Find the maximum area of a rectangle that can be drawn inside a circle's quarter

Question

How can I find the maximum area of the rectangle here? Given that the circle's radius is 6.

Any hint please?

Answer 1

Choosing one vertex to be $(r \cos\theta, r\sin\theta)$ then another is $(r (\cos\theta- \sin\theta),0)$, a third is $(0,r (\cos\theta- \sin\theta))$ and the fourth is $(r \sin\theta, r\cos\theta)$

The area is then $2r^2 \sin\theta(\cos\theta- \sin\theta) = \sqrt{8}r^2 \sin(\theta) \sin\left(\frac\pi4-\theta\right) $ which is maximised when $\theta= \frac\pi8$ with the maximum area being $r^2(\sqrt{2}-1)$

Added to illustrate comment: If the arrangement is not symmetric, you will not get two vertices on the arc and two on the axes. Instead you will get coomething like this

Answer 2

I would compute the coordinates of the given points: $$A(x_A,0),B(x_B,\sqrt{6^2-x_B^2}),C(x_C,\sqrt{6^2-x_C^2}),D(0,y_B)$$ Now it must be $$\vec{AB}=[x_B-x_A,\sqrt{6^2-x_B^2}]$$ and $$\vec{AD}=[-x_A,y_D]$$ and it must be $$\vec{AB}\cdot \vec{AD}=0$$ Can you proceed?

Answer 3

Let $ABCD$ be our rectangle, where $A$ be placed on the perpendicular radius and $D$ be placed on the horizontal radius.

Also, let $OE$ be a radius of the circle such that $OE\perp AD$, $OE\cap BC=\{F\}$, $OE\cap AD=\{G\}$ and let $HE$ be a diameter of the circle.

Now, since $G$ is a midpoint of $BC$, we obtain that $G$ is a midpoint of $AD$.

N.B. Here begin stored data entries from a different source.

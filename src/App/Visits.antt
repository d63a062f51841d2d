-- ===== src/App/Visits.antt =====
-- The page with its chart through a whole visit.
use stock_anomoly_detection.Prelude.{
  ℕ, ◌≡◌, sym, refl, ap, ◌∙◌, Bool, true, false, List, [], ◌∷◌, Option, none, some, if◌then◌else◌,
  if_cases, Bool-cases, inl, inr,
}
use stock_anomoly_detection.Text.{Text}
use stock_anomoly_detection.Chart.{Interval}
use stock_anomoly_detection.Chart.Ticks.Candles.{IsNow}
use stock_anomoly_detection.Chart.Display.{CandlestickSeries}
use stock_anomoly_detection.Chart.Display.First.{mounted}
use stock_anomoly_detection.Chart.Session.Steps as Steps
use stock_anomoly_detection.Chart.Session.Steps.{World}
use stock_anomoly_detection.Chart.Session.Live.Handlers.{on_price-IsShown}
use stock_anomoly_detection.Chart.Session.Calm as Calm
use stock_anomoly_detection.Chart.Session.Calm.{Phase, empty, live, IsEmpty, IsShowing, Promise}
use stock_anomoly_detection.Chart.Session.Calm.Empty.{on_price-IsBlank}
use stock_anomoly_detection.Chart.Session.Calm.Frame.{on_price-frame}
use stock_anomoly_detection.Chart.Session.Calm.Steps.{step-Promise, mounted-IsEmpty}
use stock_anomoly_detection.Dashboard.{Stock, Dashboard}
use stock_anomoly_detection.Dashboard.Events as Events
use stock_anomoly_detection.App.{
  App, Event, PageAnswer, on_page, on_page_synced, on_answer, on_chart, answer_page,
  synced_select_effects, synced_effects, loaded_changed, to_step, same_text, ticker_of, price_of,
  select_effects, price_effect, effects, step, run,
}
use stock_anomoly_detection.App.Linked.{IsLinked, run-IsLinked}

-- nothing is on its way that another choice would make late
abbrev pub IsQuiet : Phase → World → Type 0
IsQuiet empty w = w.histories ≡ []
IsQuiet (live i) w = w.more ≡ []

-- The candles are copied into the ref in the render of a choice, and from there to the next history,
-- only if there are none.
abbrev pub IsSynced : Phase → Bool → Option Text → World → Type 0
IsSynced p true o w = Calm.IsCalm p Steps.data_synced w
IsSynced p false o w = Calm.IsCalm p (Steps.select_stock_synced o) w

module _ {N : Type 0} (to_text : N → Text) (parse_float : Text → Option ℕ) where
  -- whether an event leaves the ticker of the selected stock
  abbrev pub stays : Events.Event N → App N → Bool
  stays e a =
      same_text (ticker_of a.page.selected_stock)
        (ticker_of (Events.step to_text e a.page).selected_stock)

  abbrev pub answer_stays : PageAnswer → App N → Bool
  answer_stays e a =
      same_text (ticker_of a.page.selected_stock) (ticker_of (answer_page e a.page).selected_stock)

  abbrev pub next : Phase → Event N → App N → Phase
  next p (on_page e now) a = if stays e a then p else empty
  next p (on_page_synced e now) a = if stays e a then p else empty
  next p (on_answer e now) a = if answer_stays e a then p else empty
  next p (on_chart e) a = Calm.next p (to_step e) a.chart.chart.interval
  next p (loaded_changed now) a = p

  -- Prices come at a clock's time, and another stock is selected while nothing is on its way.
  abbrev pub IsCalm : Phase → Event N → App N → Type 0
  IsCalm p (on_page e now) a = IsNow now × (stays e a ≡ false → IsQuiet p a.chart)
  IsCalm p (on_page_synced e now) a =
      IsNow now
      × IsSynced p (stays e a) (ticker_of (Events.step to_text e a.page).selected_stock) a.chart
  IsCalm p (on_answer e now) a = IsNow now × (answer_stays e a ≡ false → IsQuiet p a.chart)
  IsCalm p (on_chart e) a = Calm.IsCalm p (to_step e) a.chart
  IsCalm p (loaded_changed now) a = IsNow now

  unfoldable pub AreCalm : Phase → List (Event N) → App N → Type 0
  AreCalm p [] a = Unit
  AreCalm p (e ∷ es) a = IsCalm p e a × AreCalm (next p e a) es (step to_text parse_float e a)

  unfoldable pub last_phase : Phase → List (Event N) → App N → Phase
  last_phase p [] a = p
  last_phase p (e ∷ es) a = last_phase (next p e a) es (step to_text parse_float e a)

  module _ (api : CandlestickSeries) (start : api.Series) where
    price_effect-Promise :
        (p : Phase) (o : Option Stock) (loaded : Bool) (now : ℕ) (w : World)
        → IsNow now
        → Promise api start p w
        → Promise api start p
            (record w { chart = price_effect to_text parse_float o loaded now w.chart })
    unfolding price_effect
    price_effect-Promise p none loaded now w n h = h
    price_effect-Promise empty (some s) loaded now w n h =
        let c = record w.chart { is_history_loaded = loaded } in
        record {
          chart = on_price-IsBlank api start (parse_float s.price) now c h.chart;
          no_more = h.no_more;
          one_history = h.one_history;
          asked = λ k. ap (λ f. f.0) (on_price-frame (parse_float s.price) now c) ∙ h.asked k;
        }
    price_effect-Promise (live i) (some s) loaded now w n h =
        let c = record w.chart { is_history_loaded = loaded } in
        let f = on_price-frame (parse_float s.price) now c in
        record {
          series = record {
            chart = on_price-IsShown api i start (parse_float s.price) now c n h.series.chart;
            asked = h.series.asked;
          };
          there = ap (λ g. g.0) f ∙ h.there;
          chosen = ap (λ g. g.1) f ∙ h.chosen;
          no_histories = h.no_histories;
        }

    select_stock-Promise :
        (p : Phase) (o : Option Text) (w : World)
        → IsQuiet p w
        → Promise api start p w
        → IsEmpty api start (Steps.step (Steps.select_stock o) w)
    select_stock-Promise empty o w q h = step-Promise api start empty (Steps.select_stock o) w q h
    select_stock-Promise (live i) o w q h =
        step-Promise api start (live i) (Steps.select_stock o) w q h

    select_effects-Promise :
        (p : Phase) (old new : Option Stock) (w : World)
        → (same_text (ticker_of old) (ticker_of new) ≡ false → IsQuiet p w)
        → Promise api start p w
        → Promise api start
            (if same_text (ticker_of old) (ticker_of new) then p else empty)
            (select_effects old new w)
    unfolding select_effects
    select_effects-Promise p old new w q h =
        elim (Bool-cases (same_text (ticker_of old) (ticker_of new))) [
          | inl same ↦ rw same h
          | inr other ↦ rw other (select_stock-Promise p (ticker_of new) w (q other) h)
        ]

    effects-Promise :
        (p : Phase) (old new : Option Stock) (now : ℕ) (w : World)
        → IsNow now
        → (same_text (ticker_of old) (ticker_of new) ≡ false → IsQuiet p w)
        → Promise api start p w
        → Promise api start
            (if same_text (ticker_of old) (ticker_of new) then p else empty)
            (effects to_text parse_float old new now w)
    unfolding effects
    effects-Promise p old new now w n q h =
        let after = if same_text (ticker_of old) (ticker_of new) then p else empty in
        let moved = select_effects-Promise p old new w q h in
        if_cases (Promise api start after) (same_text (price_of old) (price_of new)) (λ _. moved)
          (λ _.
            price_effect-Promise after new w.chart.is_history_loaded now (select_effects old new w)
              n moved)

    synced_select_effects-Promise :
        (p : Phase) (old new : Option Stock) (b : Bool) (w : World)
        → same_text (ticker_of old) (ticker_of new) ≡ b
        → IsSynced p b (ticker_of new) w
        → Promise api start p w
        → Promise api start (if b then p else empty) (synced_select_effects old new w)
    unfolding synced_select_effects
    synced_select_effects-Promise empty old new true w e s h =
        rw e (step-Promise api start empty Steps.data_synced w s h)
    synced_select_effects-Promise (live i) old new true w e s h =
        rw e (step-Promise api start (live i) Steps.data_synced w s h)
    synced_select_effects-Promise empty old new false w e s h =
        rw e (step-Promise api start empty (Steps.select_stock_synced (ticker_of new)) w s h)
    synced_select_effects-Promise (live i) old new false w e s h =
        rw e (step-Promise api start (live i) (Steps.select_stock_synced (ticker_of new)) w s h)

    synced_effects-Promise :
        (p : Phase) (old new : Option Stock) (now : ℕ) (w : World)
        → IsNow now
        → IsSynced p (same_text (ticker_of old) (ticker_of new)) (ticker_of new) w
        → Promise api start p w
        → Promise api start
            (if same_text (ticker_of old) (ticker_of new) then p else empty)
            (synced_effects to_text parse_float old new now w)
    unfolding synced_effects
    synced_effects-Promise p old new now w n s h =
        let same = same_text (ticker_of old) (ticker_of new) in
        let after = if same then p else empty in
        let moved = synced_select_effects-Promise p old new same w refl s h in
        if_cases (Promise api start after) (same_text (price_of old) (price_of new)) (λ _. moved)
          (λ _.
            price_effect-Promise after new w.chart.is_history_loaded now
              (synced_select_effects old new w) n moved)

    step_calm :
        (p : Phase) (e : Event N) (a : App N)
        → IsCalm p e a
        → Promise api start p a.chart
        → Promise api start (next p e a) (step to_text parse_float e a).chart
    unfolding step
    step_calm p (on_page e now) a c h =
        effects-Promise p a.page.selected_stock (Events.step to_text e a.page).selected_stock now
          a.chart c.0 c.1 h
    step_calm p (on_page_synced e now) a c h =
        synced_effects-Promise p a.page.selected_stock (Events.step to_text e a.page).selected_stock
          now a.chart c.0 c.1 h
    step_calm p (on_answer e now) a c h =
        effects-Promise p a.page.selected_stock (answer_page e a.page).selected_stock now a.chart
          c.0 c.1 h
    step_calm p (on_chart e) a c h = step-Promise api start p (to_step e) a.chart c h
    step_calm p (loaded_changed now) a c h =
        price_effect-Promise p a.page.selected_stock a.chart.chart.is_history_loaded now a.chart c h

    run_calm :
        (p : Phase) (es : List (Event N)) (a : App N)
        → AreCalm p es a
        → Promise api start p a.chart
        → Promise api start (last_phase p es a) (run to_text parse_float es a).chart
    unfolding run AreCalm last_phase
    run_calm p [] a c h = h
    run_calm p (e ∷ es) a c h =
        run_calm (next p e a) es (step to_text parse_float e a) c.1 (step_calm p e a c.0 h)

    -- From a page without a selected stock and a freshly mounted chart, in any order of the events of
    -- both, where another stock or interval is chosen only while nothing is on its way, the chart is made
    -- ready while no history is on its way or shown, prices come at a clock's time, each history is in
    -- order and for the one request on its way, older pages are before their requests' candles, and the
    -- chart's candles are copied into the ref in the render of a choice, and from there to the next
    -- history, only if there are none: the chart works with the ticker selected on the page; from the
    -- answer of a history on to the next choice it shows exactly the candles of the state, a series in
    -- order of the chosen interval, and before and after a chart shows nothing.
    pub visit-IsLinked :
        (i : Interval) (page : Dashboard N) (es : List (Event N))
        → page.selected_stock ≡ none
        → AreCalm empty es (record { page = page; chart = mounted i })
        → (let a = run to_text parse_float es (record { page = page; chart = mounted i }) in
            IsLinked a
            × Promise api start
                (last_phase empty es (record { page = page; chart = mounted i }))
                a.chart)
    visit-IsLinked i page es e c =
        let a : App N = record { page = page; chart = mounted i } in
        (
          run-IsLinked to_text parse_float es a (sym (ap ticker_of e)),
          run_calm empty es a c (mounted-IsEmpty api start i),
        )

Thus, $OG=AG=DG$ and let $OG=x$, $DC=y$.

Now, since $\measuredangle ECH=90^{\circ},$ we obtain: $$CE^2=EG\cdot GH$$ or $$x^2=(6-x-y)(6+x+y)$$ or $$(x+y)^2=36-x^2$$ or $$y=\sqrt{36-x^2}-x.$$ Id est, $$S_{ABCD}=2x\left(\sqrt{36-x^2}-x\right).$$ Can you end it now?